++++ INFORMATION PROVIDED ++++

-- ===== src/State/RelayAuth.antt =====
-- state.rs: may a relay command pass? The checks on the sender's contexts.
pub mod Frame
pub mod Completeness
pub mod Soundness
pub mod Retry
pub mod Notes
pub mod Replay
use rust_http3_gateway.Prelude.{
  ℕ, ℤ, Bool, false, not, ◌||◌, String, List, [], ◌∷◌, Option, none, some, lookup, ◌==◌, is_empty,
  is_nil, trim, to_lowercase, Unicode, concat, any, all, ltb, eqb, ltb_ℤ, if◌then◌else◌,
}
use rust_http3_gateway.Routes.Types.{RelayAuthorizationSpec, same_context_type, same_scope_mode}
use rust_http3_gateway.State.Types.{
  GatewayState, RelayOperationContext, RelaySubjectContexts, RelayAuthDecision, RelayAuthError,
  missing_context, sender_binding_invalid, scope_violation, context_state_invalid, grant_expired,
  grant_invalid, policy_version_mismatch, payload_too_large, is_relay_permitted,
  relay_chunk_ciphertext_max_bytes,
}
use rust_http3_gateway.State.RelayContexts.{sanitize_email}
use rust_http3_gateway.State.RelayLimits.{
  Result, ok, err, ensure_relay_replay_fresh, ensure_relay_rate_limit,
}

-- What the loop does with a context: `continue`, an early `return`, or on to the stateful checks.
pub data ContextCheck : Type 0 where
  skip : ContextCheck
  refuse : RelayAuthError → ContextCheck
  pass : ContextCheck

-- The arguments of one call, with the sender normalised and the operation key trimmed.
pub record RelayRequest : Type 0 where
  pub sender : String
  pub command_name : String
  pub auth_spec : RelayAuthorizationSpec
  pub operation_key : String
  pub target_emails : List String
  pub replay_nonce : Option String
  pub now_ts : ℤ

module _ ⦃u : Unicode⦄ where
  abbrev pub targets_in_scope : List String → List String → Bool
  targets_in_scope peers targets =
      all (λ target. any (λ peer. peer == to_lowercase (trim target)) peers) targets

  -- The checks that read the context alone, in the order of the source.
  unfoldable pub check_context : RelayRequest → RelayOperationContext → ContextCheck
  check_context request context =
      if not (same_context_type context.context_type request.auth_spec.relay_context_type)
        || not (context.operation_key == request.operation_key)
        || not (
            any (λ family. family == to_lowercase (trim request.auth_spec.command_family))
              context.allowed_command_families)
        || not (context.authorized_subject == request.sender)
      then skip
      else if is_empty (trim context.grant.grant_id)
      then refuse grant_invalid
      else if eqb context.policy_version 0
          || eqb context.grant.policy_version 0
          || not (eqb context.policy_version context.grant.policy_version)
      then refuse policy_version_mismatch
      else if ltb_ℤ context.expires_at request.now_ts
          || ltb_ℤ context.grant.expires_at request.now_ts
      then refuse grant_expired
      else if not
            (same_scope_mode context.audience_scope.mode request.auth_spec.audience_scope_mode)
          || not (targets_in_scope context.audience_scope.peers request.target_emails)
      then skip
      else if not (is_relay_permitted context.state)
      then refuse (context_state_invalid context.state)
      else pass

  abbrev pub replay_key : RelayRequest → RelayOperationContext → String → String
  replay_key request context nonce_trimmed = concat (
      request.sender ∷ "|" ∷ request.command_name ∷ "|" ∷ context.context_id ∷ "|" ∷ nonce_trimmed
      ∷ [])

  unfoldable pub check_nonce :
      GatewayState → RelayRequest → RelayOperationContext → GatewayState × Result (Unit {0})
  check_nonce state request context = elim request.replay_nonce [
    | none ↦ (state, ok tt)
    | some nonce ↦
        if is_empty (trim nonce)
        then (state, ok tt)
        else ensure_relay_replay_fresh state (replay_key request context (trim nonce))
            request.now_ts
  ]

  -- The stateful checks, for a context that passes.
  unfoldable pub admit :
      GatewayState → RelayRequest → RelayOperationContext → GatewayState × Result RelayAuthDecision
  admit state request context =
      let (noted, fresh) = check_nonce state request context in
      let (counted, limited) =
        ensure_relay_rate_limit noted request.sender request.command_name context.context_id
          request.now_ts in
      elim fresh [
        | err e ↦ (noted, err e)
        | ok _ ↦ elim limited [
          | err e ↦ (counted, err e)
          | ok _ ↦ (
            counted,
            ok (record {
              context_id = context.context_id;
              policy_version = context.policy_version;
            }),
          )
        ]
      ]

  unfoldable pub authorize_each :
      GatewayState
      → RelayRequest
      → List RelayOperationContext
      → GatewayState × Result RelayAuthDecision
  unfolding check_context
  authorize_each state request [] = (state, err scope_violation)
  authorize_each state request (context ∷ rest) =
      let later = authorize_each state request rest in
      elim (check_context request context) [
        | skip ↦ later
        | refuse e ↦ (state, err e)
        | pass ↦ admit state request context
      ]

  -- The contexts of the sender, if there are any, for a request whose sender is normalised.
  unfoldable pub authorize_subject :
      GatewayState
      → RelayRequest
      → Option RelaySubjectContexts
      → GatewayState × Result RelayAuthDecision
  unfolding authorize_each
  authorize_subject state request none = (state, err missing_context)
  authorize_subject state request (some subject_contexts) =
      if not (same_context_type subject_contexts.context_type request.auth_spec.relay_context_type)
      then (state, err missing_context)
      else authorize_each state request subject_contexts.contexts

  abbrev pub is_too_large : Option ℕ → Bool
  is_too_large none = false
  is_too_large (some size) = ltb relay_chunk_ciphertext_max_bytes size

  unfoldable pub authorize_relay_hotpath :
      GatewayState
      → String
      → String
      → RelayAuthorizationSpec
      → String
      → List String
      → Option String
      → Option ℕ
      → ℤ
      → GatewayState × Result RelayAuthDecision
  unfolding authorize_subject
  authorize_relay_hotpath state sender_email command_name auth_spec operation_key target_emails
        replay_nonce payload_size_hint now_ts =
      elim (sanitize_email sender_email) [
        | none ↦ (state, err sender_binding_invalid)
        | some sender ↦
            let request : RelayRequest = record {
              sender = sender;
              command_name = command_name;
              auth_spec = auth_spec;
              operation_key = trim operation_key;
              target_emails = target_emails;
              replay_nonce = replay_nonce;
              now_ts = now_ts;
            } in
            if is_empty (trim operation_key)
            then (state, err missing_context)
            else if is_nil target_emails
            then (state, err scope_violation)
            else if is_too_large payload_size_hint
            then (state, err payload_too_large)
            else authorize_subject state request (lookup sender state.relay_contexts_by_subject)
      ]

++++

INSTRUCTIONS TO FOLLOW: Out of the preceding entries, pull every line containing the string "later".

EXERCISE SOLUTION:
      let later = authorize_each state request rest in
        | skip ↦ later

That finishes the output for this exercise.